Die diversen befragten Wörterbücher spuckten bei weitergehender Suche übrigens auch „sauvage“ als eine der Bedeutungen für „Jivaro“. Und als Substantiv kann „sauvage“ auch für Einzelgänger stehen. Ursprung könnte also weiterhin das Volk der Jivaro sein, allerdings könnte die weitere Erklärung simpler sein: Jivaro = sauvage = er will jetzt Einzelgänger sein.

Wie auch immer – Jivaro Song ist ein großartiges Lied eines großartigen Künstlers.

 

Michael Falch: Pludslig Alting Samtidig (Album, 2016)

Michael Falch ist der große Poet unter Dänemarks Musikern. Seine Texte sind für sein Land das, was die Songs von Michy Reincke in Deutschland sind. Der Unterschied besteht in der Instrumentierung. Wo Michy Reincke selbst in melancholischen Liedern mit recht leichter Instrumentierung daherkommt, ist Michael Falch oft sehr klangwuchtig. Mehr als einmal habe ich mich bei Songs wie Tavs Som I En Elevator vom aktuellen Album aber auch Songs wie Sommeren Kom Ny Tilbage vom gleichnamigen letzten Album an schwere, wuchtig orchestrierte Popsongs wie The Sun Ain’t Gonna Shine Anymore von den Walker Brothers erinnert gefühlt.

Das im letzten Monat erschienene neue Album Pludslig Alting Samtidig bildet da keine Ausnahme: Gewichtige Arrangements zu tollen Texten. Ein absolutes Schmuckstück für jede Musiksammlung, in der sich auch skandinavische Produktionen finden.

 

Michy Reincke: Lass mich traurig sein (Lied, 2003)

Es gibt Lieder, die laufen einem genau zum rechten Zeitpunkt über den Weg. Beim letzten Beitrag zum monatlichen Plattdüütschtag hier im Blog hatte ich von einem der großen Ereignisse des Jahres 2016 berichtet, und kurz danach hörte ich dieses Lied zum ersten Mal.

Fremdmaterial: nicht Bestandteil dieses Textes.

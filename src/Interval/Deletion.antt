-- ===== src/Interval/Deletion.antt =====
-- `deletion` against the set that the list stands for.
use ostrich.Base.{
  ℕ, ◌≡◌, ◌<◌, ◌≤◌, refl, ap, ◌∙◌, ◌&&◌, not, Bool, true, false, some, List, [], ◌∷◌,
}
use ostrich.Base.{arith, leb, compare-cases, lt_or_le, Bool-cases, inl, inr, ◌+◌}
use ostrich.Ordered.{rewind, assign, erase, is_empty}
use ostrich.Ordered.Split.{Below, StartsFrom, assign-at, erase-at}
use ostrich.Interval.{Interval, IntervalList, deletion, delete_at, cut, with_intervals}
use ostrich.Interval.Shape.{
  Chained, ChainedBack, Chained-split, IsValid, CanSeek, top, at_lower_bound,
}
use ostrich.Interval.Shape.{ChainedBack-Below, Chained-weaken}
use ostrich.Interval.Covers.{
  covers, covers-StartsFrom, covers-rewind, covers-below, covers-above, starts_between,
}
use ostrich.Interval.Covers.{
  starts_between-covers, starts_between-rewind, starts_between-below, starts_between-above,
}

-- `x` and the patch ids after it in its interval.
abbrev pub leaves : ℕ → List Interval → ℕ → Bool
leaves x m y = covers x m && (leb x y && not (starts_between x y m))

abbrev pub Deleted : ℕ → ℕ → List Interval → List Interval × Bool → Type 0
Deleted max x m (m', changed) =
    Chained max 0 m'
    × ((y : ℕ) → covers y m' ≡ (covers y m && not (leaves x m y)))
    × (changed ≡ covers x m)
    × ((y : ℕ) → (starts_between x y m' && not (starts_between x y m)) ≡ false)

cut_inside :
    (x start end : ℕ) (m : List Interval)
    → start < x
    → x < end
    → cut x m (start, end) ≡ (assign start x m, true)
unfolding cut
cut_inside x start end m h k = ground arith

cut_here : (x end : ℕ) (m : List Interval) → x < end → cut x m (x, end) ≡ (erase x m, true)
unfolding cut
cut_here x end m h = ground arith

cut_outside : (x start end : ℕ) (m : List Interval) → end ≤ x → cut x m (start, end) ≡ (m, false)
unfolding cut
cut_outside x start end m h = ground arith

covers-empty : (x : ℕ) (m : List Interval) → is_empty m ≡ true → covers x m ≡ false
covers-empty x [] e = refl
covers-empty x (i ∷ m) e = cc

ruleset splits = (covers-rewind, starts_between-rewind)

abbrev Deletes : ℕ → ℕ → List Interval → List Interval → List Interval → Type 0
Deletes max x m after before =
    is_empty m ≡ false
    → (r : List Interval × Bool) × (delete_at x after before m ≡ some r) × Deleted max x m r

module _ (max x : ℕ) where
  shortened :
      (start end : ℕ) (before after : List Interval)
      → start < x
      → x < end
      → ChainedBack max ((start, end) ∷ before)
      → Chained max end after
      → Deleted max x
          (rewind before ((start, end) ∷ after))
          (rewind before ((start, x) ∷ after), true)
  shortened start end before after k h b a = (
    Chained-split max before ((start, x) ∷ after) b.3
        (b.0, k, omega arith, Chained-weaken max x end after (omega arith) a),
    λ y. simp splits (
        ground (
          arith,
          covers-above max x before,
          covers-above max y before,
          covers-below max end x after,
          covers-below max end y after,
          starts_between-above max x y before,
          starts_between-below max end x y after,
          starts_between-covers max end x y after,
        )),
    simp splits (ground (arith, covers-above max x before, covers-below max end x after)),
    λ y. simp splits (ground arith),
  )

  erased :
      (end : ℕ) (before after : List Interval)
      → ChainedBack max before
      → Chained max (top before) ((x, end) ∷ after)
      → Deleted max x (rewind before ((x, end) ∷ after)) (rewind before after, true)
  erased end before after b a = (
    Chained-split max before after b (Chained-weaken max (top before) end after (omega arith) a.3),
    λ y. simp splits (
        ground (
          arith,
          covers-above max x before,
          covers-above max y before,
          covers-below max end x after,
          covers-below max end y after,
          starts_between-above max x y before,
          starts_between-below max end x y after,
          starts_between-covers max end x y after,
        )),
    simp splits (ground (arith, covers-above max x before, covers-below max end x after)),
    λ y. simp splits (ground arith),
  )

  kept : (m : List Interval) → Chained max 0 m → covers x m ≡ false → Deleted max x m (m, false)
  kept m v h = (v, λ y. ground arith, ground arith, λ y. ground arith)

  deletes_inside :
      (start end : ℕ) (before after : List Interval)
      → start < x
      → ChainedBack max ((start, end) ∷ before)
      → Chained max end after
      → StartsFrom (x + 1) after
      → (r : List Interval × Bool) × (cut x (rewind before ((start, end) ∷ after)) (start, end) ≡ r)
        × Deleted max x (rewind before ((start, end) ∷ after)) r
  deletes_inside start end before after k b a u = elim (lt_or_le x end) [
    | inl lt ↦ (
      (rewind before ((start, x) ∷ after), true),
      cut_inside x start end _ k lt
          ∙ ap (λ m. (m, true))
              (assign-at start x end before after (ChainedBack-Below max start before b.3 b.0)),
      shortened start end before after k lt b a,
    )
    | inr ge ↦ (
      (rewind before ((start, end) ∷ after), false),
      cut_outside x start end _ ge,
      kept _ (Chained-split max before ((start, end) ∷ after) b.3 (b.0, b.1, b.2, a)) (
          simp splits
            (ground (arith, covers-above max x before, covers-StartsFrom max end x after a u))),
    )
  ]

  deletes_here :
      (end : ℕ) (before after : List Interval)
      → Below x before
      → ChainedBack max before
      → Chained max (top before) ((x, end) ∷ after)
      → (r : List Interval × Bool) × (cut x (rewind before ((x, end) ∷ after)) (x, end) ≡ r)
        × Deleted max x (rewind before ((x, end) ∷ after)) r
  deletes_here end before after k b a = (
    (rewind before after, true),
    cut_here x end _ a.1 ∙ ap (λ m. (m, true)) (erase-at x end before after k),
    erased end before after b a,
  )

  deletes :
      (before after : List Interval)
      → Below x before
      → StartsFrom x after
      → ChainedBack max before
      → Chained max (top before) after
      → CanSeek x (rewind before after)
      → Deletes max x (rewind before after) after before
  unfolding delete_at
  deletes [] [] k u b a c n = cc
  deletes ((start, end) ∷ before) [] k u b a c n =
      let (r, e, d) = deletes_inside start end before [] k.0 b tt tt in (r, ap some e, d)
  deletes [] ((f, o) ∷ after) k u b a c n =
      let same : f ≡ x = omega arith in
      let (r, e, d) = deletes_here o [] after k tt (rw same at a) in (r, ground arith, rw same d)
  deletes ((start, end) ∷ before) ((f, o) ∷ after) k u b a c n = elim (compare-cases x f) [
    | inl lt ↦
        let (r, e, d) = deletes_inside start end before ((f, o) ∷ after) k.0 b a (omega arith) in
        (r, ground arith, d)
    | inr (inl eq) ↦
        let (r, e, d) = deletes_here o ((start, end) ∷ before) after k b (rw (← eq) at a) in
        (r, ground arith, rw (← eq) d)
    | inr (inr gt) ↦ absurd (omega arith)
  ]

-- `deletion` always finishes where it may seek: the list stays valid, the set loses the patch id and
-- all that follow it in its interval, and nothing else; the result says that the list changed exactly
-- if the patch id was in it; and no interval starts above the patch id where none did.
pub deletion-Deleted :
    (x : ℕ) (l : IntervalList)
    → IsValid l
    → CanSeek x l.intervals
    → (r : IntervalList × Bool) × (deletion x l ≡ some r)
      × (r.0.max ≡ l.max)
      × Deleted l.max x l.intervals (r.0.intervals, r.1)
unfolding deletion
deletion-Deleted x l v c = elim (Bool-cases (is_empty l.intervals)) [
  | inl e ↦ ((l, false), rw e, refl, kept l.max x _ v (covers-empty x _ e))
  | inr e ↦
      let (r, f, d) =
        at_lower_bound (Deletes l.max x) l.max x l.intervals (deletes l.max x) v c e in
      (with_intervals l r, rw (e, f), refl, d)
]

Und es sprach mir so dermaßen aus der Seele wie kaum ein anderes Lied in diesem Jahr.

Wann immer man ein großes einschneidendes Erlebnis im Leben durchzustehen hat, tauchen neben den Menschen, die es wirklich gut mit einem meinen und die einen einfach so sein lassen, wie man es in dieser Situation gerade braucht. früher oder später auch unangenehme Zeitgenossen auf, die sich erdreisten und meinen, es besser zu wissen. Sie meinen, einen besser zu kennen als man selbst und daher zu wissen, was ich ihrer Meinung gefälligst tun sollte und wie ich meinen Umgang mit der Situation finden sollte anstatt dass sie mir einfach die Zeit und meine eigenen Wege ließen und lassen, die ich brauchte und immer noch brauche.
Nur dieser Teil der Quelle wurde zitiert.